- [Input material]
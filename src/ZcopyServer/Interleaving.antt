-- ===== src/ZcopyServer/Interleaving.antt =====
-- internal/s3rdmaserver/zcopy/service.go: the serving loop, the GET goroutines and the peer, in any
-- order of steps
use rdma_demo.Base.{
  ℕ, ◌+◌, ◌≤◌, ◌<◌, ◌≡◌, refl, Bool, true, Option, none, some, List, [], ◌∷◌, ◌++◌, arith, ap,
}
use rdma_demo.Base.Int.{ℤ, pos_part, neg_part, half_range, sub64-pos}
use rdma_demo.ZcopyProto.{
  Message, Json, OpKind, hello_req, ensure_bucket_req, put_req, get_req, acks, op_kind,
}
use rdma_demo.ZcopyServer.Conn.{
  ZcopyConn, Borrowed, Wait, blocks, granted, refused, close, new_conn, wait_credit, recv_control,
}
use rdma_demo.ZcopyServer.Handlers.{
  ObjectStore, GetTask, begun, waiting, holding, Session, GetCheck, get_refused, get_offered,
  check_get, act_get, handle_get,
}
use rdma_demo.ZcopyServer.Session.{stop, dispatch, serve_message, serve_round, run_task}
use rdma_demo.ZcopyServer.Flow.{
  payloads, send_payload-flow, recv_control-SameFlow, handle_get-SameFlow,
}
use rdma_demo.ZcopyServer.Credits.{
  holders, holders-append, committed, grant_of, granted_by, Grows, on_hello-Grows,
  on_ensure_bucket-Grows, on_put-Grows, on_get-Grows, on_unknown-Grows, add_credits-Grows,
}

abbrev pub option_list : Option GetTask → List GetTask
option_list none = []
option_list (some x) = x ∷ []

-- A GET that begins takes no credit yet.
holders-handle_get :
    {S : Type 0} (api : ObjectStore S) (delivers : ℕ → Bool) (msg : Message) (zc : ZcopyConn)
    (store : S)
    → holders (option_list (handle_get api delivers msg zc store).1) ≡ 0
unfolding handle_get
holders-handle_get api delivers msg zc store = cases msg.req_id (check_get api msg store) zc
  where
    cases :
        (r : ℕ) (c : GetCheck) (z : ZcopyConn)
        → holders (option_list (act_get api delivers r c z).1) ≡ 0
    cases r (get_refused text) z = unfold act_get in refl
    cases r (get_offered p o) z = unfold act_get in refl

-- waitCredit takes one credit, and only from a positive number.
pub wait_credit-granted :
    (zc zc' : ZcopyConn)
    → wait_credit zc ≡ granted zc'
    → pos_part zc.credits < half_range
    → (neg_part zc'.credits ≡ 0)
      × (pos_part zc'.credits + 1 ≡ pos_part zc.credits)
      × (zc'.sent ≡ zc.sent)
unfolding wait_credit
wait_credit-granted zc zc' e small =
    let taken = sub64-pos (pos_part zc.credits) 1 in
    (ground (arith, taken), ground (arith, taken), ground arith)

module _ {S : Type 0} (api : ObjectStore S) (limit : ℤ) (delivers : ℕ → Bool) (json : Json) where
  -- A step, with the credits that it grants.
  pub data Step : Session S → ℕ → Session S → Type 0 where
    arrives :
        (t : Session S) (m : Borrowed)
        → Step t 0 (record t { zc = record t.zc { inbox = t.zc.inbox ++ m ∷ [] } })
    serves :
        (t : Session S) (g : ℕ)
        → t.running ≡ true
        → g ≡ granted_by (recv_control json t.zc).1
        → Step t g (serve_round api limit delivers json t)
    gets :
        (t : Session S) (before after : List GetTask) (task : GetTask) (zc : ZcopyConn)
        (rest : Option GetTask)
        → t.tasks ≡ before ++ task ∷ after
        → run_task api limit delivers task t.zc t.store ≡ some (zc, rest)
        → Step t 0 (record t { zc = zc; tasks = before ++ (option_list rest ++ after) })

  -- A run, with the credits that it grants in all.
  pub data Run (s : Session S) : ℕ → Session S → Type 0 where
    here : Run s 0 s
    next : {t u : Session S} {g h n : ℕ} → Run s g t → Step t h u → n ≡ g + h → Run s n u

  dispatch-Grows :
      (k : OpKind) (msg : Message) (t : Session S)
      → neg_part t.zc.credits ≡ 0
      → pos_part t.zc.credits + grant_of k msg < half_range
      → Grows (grant_of k msg) t (dispatch api limit delivers k msg t)
  unfolding dispatch
  dispatch-Grows hello_req msg t n small = on_hello-Grows t n api limit delivers msg
  dispatch-Grows acks msg t n small = add_credits-Grows t n msg.ack small
  dispatch-Grows ensure_bucket_req msg t n small = on_ensure_bucket-Grows t n api limit delivers msg
  dispatch-Grows put_req msg t n small = on_put-Grows t n api limit delivers msg
  dispatch-Grows get_req msg t n small = on_get-Grows t n api limit delivers msg
  dispatch-Grows _ msg t n small = on_unknown-Grows t n api limit delivers msg

  serve_message-Grows :
      (msg : Option Message) (t : Session S)
      → neg_part t.zc.credits ≡ 0
      → pos_part t.zc.credits + granted_by msg < half_range
      → Grows (granted_by msg) t (serve_message api limit delivers msg t)
  unfolding serve_message stop close
  serve_message-Grows none t n small = record { nonneg = n; bound = omega arith }
  serve_message-Grows (some msg) t n small = dispatch-Grows (op_kind msg.op) msg t n small

  run_task-Grows :
      (task : GetTask) (zc zc' : ZcopyConn) (store : S) (rest : Option GetTask)
      → neg_part zc.credits ≡ 0
      → pos_part zc.credits < half_range
      → run_task api limit delivers task zc store ≡ some (zc', rest)
      → (neg_part zc'.credits ≡ 0)
        × (payloads zc'.sent + pos_part zc'.credits + holders (option_list rest)
            ≤ payloads zc.sent + pos_part zc.credits + holders (task ∷ []))
  unfolding run_task
  run_task-Grows (begun msg) zc zc' store rest n small e = ground (
    arith,
    (handle_get-SameFlow api delivers msg zc store).credits,
    (handle_get-SameFlow api delivers msg zc store).payloads_sent,
    holders-handle_get api delivers msg zc store,
  )
  run_task-Grows (waiting r p o) zc zc' store rest n small e = waits (wait_credit zc) refl
    where
      waits :
          (w : Wait)
          → wait_credit zc ≡ w
          → (neg_part zc'.credits ≡ 0)
            × (payloads zc'.sent + pos_part zc'.credits + holders (option_list rest)
                ≤ payloads zc.sent + pos_part zc.credits + 0)
      waits blocks h = absurd (ground arith)
      waits (refused x) h = ground arith
      waits (granted z) h = ground (arith, wait_credit-granted zc z h)
  run_task-Grows (holding r p o) zc zc' store rest n small e =
      let (same, more) = send_payload-flow delivers r p o zc in ground (arith, same, more)

  Step-Grows :
      {t u : Session S} {g : ℕ}
      → Step t g u
      → neg_part t.zc.credits ≡ 0
      → committed t.zc t.tasks + g < half_range
      → Grows g t u
  unfolding serve_round
  Step-Grows (arrives t m) n small = record { nonneg = n; bound = omega arith }
  Step-Grows (serves t g _ e) n small = ground (
    arith,
    (recv_control-SameFlow json t.zc).credits,
    (recv_control-SameFlow json t.zc).payloads_sent,
    (serve_message-Grows (recv_control json t.zc).1 (record t { zc = (recv_control json t.zc).0 })),
  )
  Step-Grows (gets t before after task zc rest e r) n small =
      let (n', le) = run_task-Grows task t.zc zc t.store rest n (omega arith) r in
      record {
        nonneg = n';
        bound = omega (
          arith,
          ap holders e,
          holders-append before (task ∷ after),
          holders-append (task ∷ []) after,
          holders-append before (option_list rest ++ after),
          holders-append (option_list rest) after,
        );
      }

  Run-Grows :
      {s t : Session S} {g : ℕ}
      → Run s g t
      → neg_part s.zc.credits ≡ 0
      → committed s.zc s.tasks + g < half_range
      → Grows g s t
  Run-Grows here n small = record { nonneg = n; bound = omega arith }
  Run-Grows (next r st e) n small =
      let before = Run-Grows r n (omega arith) in
      let after = Step-Grows st before.nonneg (omega arith) in
      record { nonneg = after.nonneg; bound = omega arith }

-- The session of a new connection.
abbrev pub fresh : {S : Type 0} → List Borrowed → S → Session S
fresh inbox store = record { zc = new_conn inbox; store = store; tasks = []; running = true }

-- Flow control: in every interleaving of the serving loop, the GET goroutines and the peer, the
-- payloads that were sent, the credits left and the goroutines between waitCredit and their send are
-- together at most the credits that the peer granted, by its hellos and acks. The condition is that
-- the granted credits fit into an int.
pub payloads-le-granted :
    {S : Type 0} (api : ObjectStore S) (limit : ℤ) (delivers : ℕ → Bool) (json : Json)
    (inbox : List Borrowed) (store : S) {t : Session S} {g : ℕ}
    → Run api limit delivers json (fresh inbox store) g t
    → g < half_range
    → payloads t.zc.sent + pos_part t.zc.credits + holders t.tasks ≤ g
unfolding new_conn
payloads-le-granted api limit delivers json inbox store r small =
    omega (arith, (Run-Grows api limit delivers json r refl (omega arith)).bound)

- [The task]
Each line in the listing above from the one containing "-- A run, with" through the one containing "delivers msg t)" should be repeated exactly, and no other line.

- [Response to the task]
  -- A run, with the credits that it grants in all.
  pub data Run (s : Session S) : ℕ → Session S → Type 0 where
    here : Run s 0 s
    next : {t u : Session S} {g h n : ℕ} → Run s g t → Step t h u → n ≡ g + h → Run s n u

  dispatch-Grows :
      (k : OpKind) (msg : Message) (t : Session S)
      → neg_part t.zc.credits ≡ 0
      → pos_part t.zc.credits + grant_of k msg < half_range
      → Grows (grant_of k msg) t (dispatch api limit delivers k msg t)
  unfolding dispatch
  dispatch-Grows hello_req msg t n small = on_hello-Grows t n api limit delivers msg
  dispatch-Grows acks msg t n small = add_credits-Grows t n msg.ack small
  dispatch-Grows ensure_bucket_req msg t n small = on_ensure_bucket-Grows t n api limit delivers msg
  dispatch-Grows put_req msg t n small = on_put-Grows t n api limit delivers msg
  dispatch-Grows get_req msg t n small = on_get-Grows t n api limit delivers msg
  dispatch-Grows _ msg t n small = on_unknown-Grows t n api limit delivers msg

  serve_message-Grows :
      (msg : Option Message) (t : Session S)
      → neg_part t.zc.credits ≡ 0
      → pos_part t.zc.credits + granted_by msg < half_range
      → Grows (granted_by msg) t (serve_message api limit delivers msg t)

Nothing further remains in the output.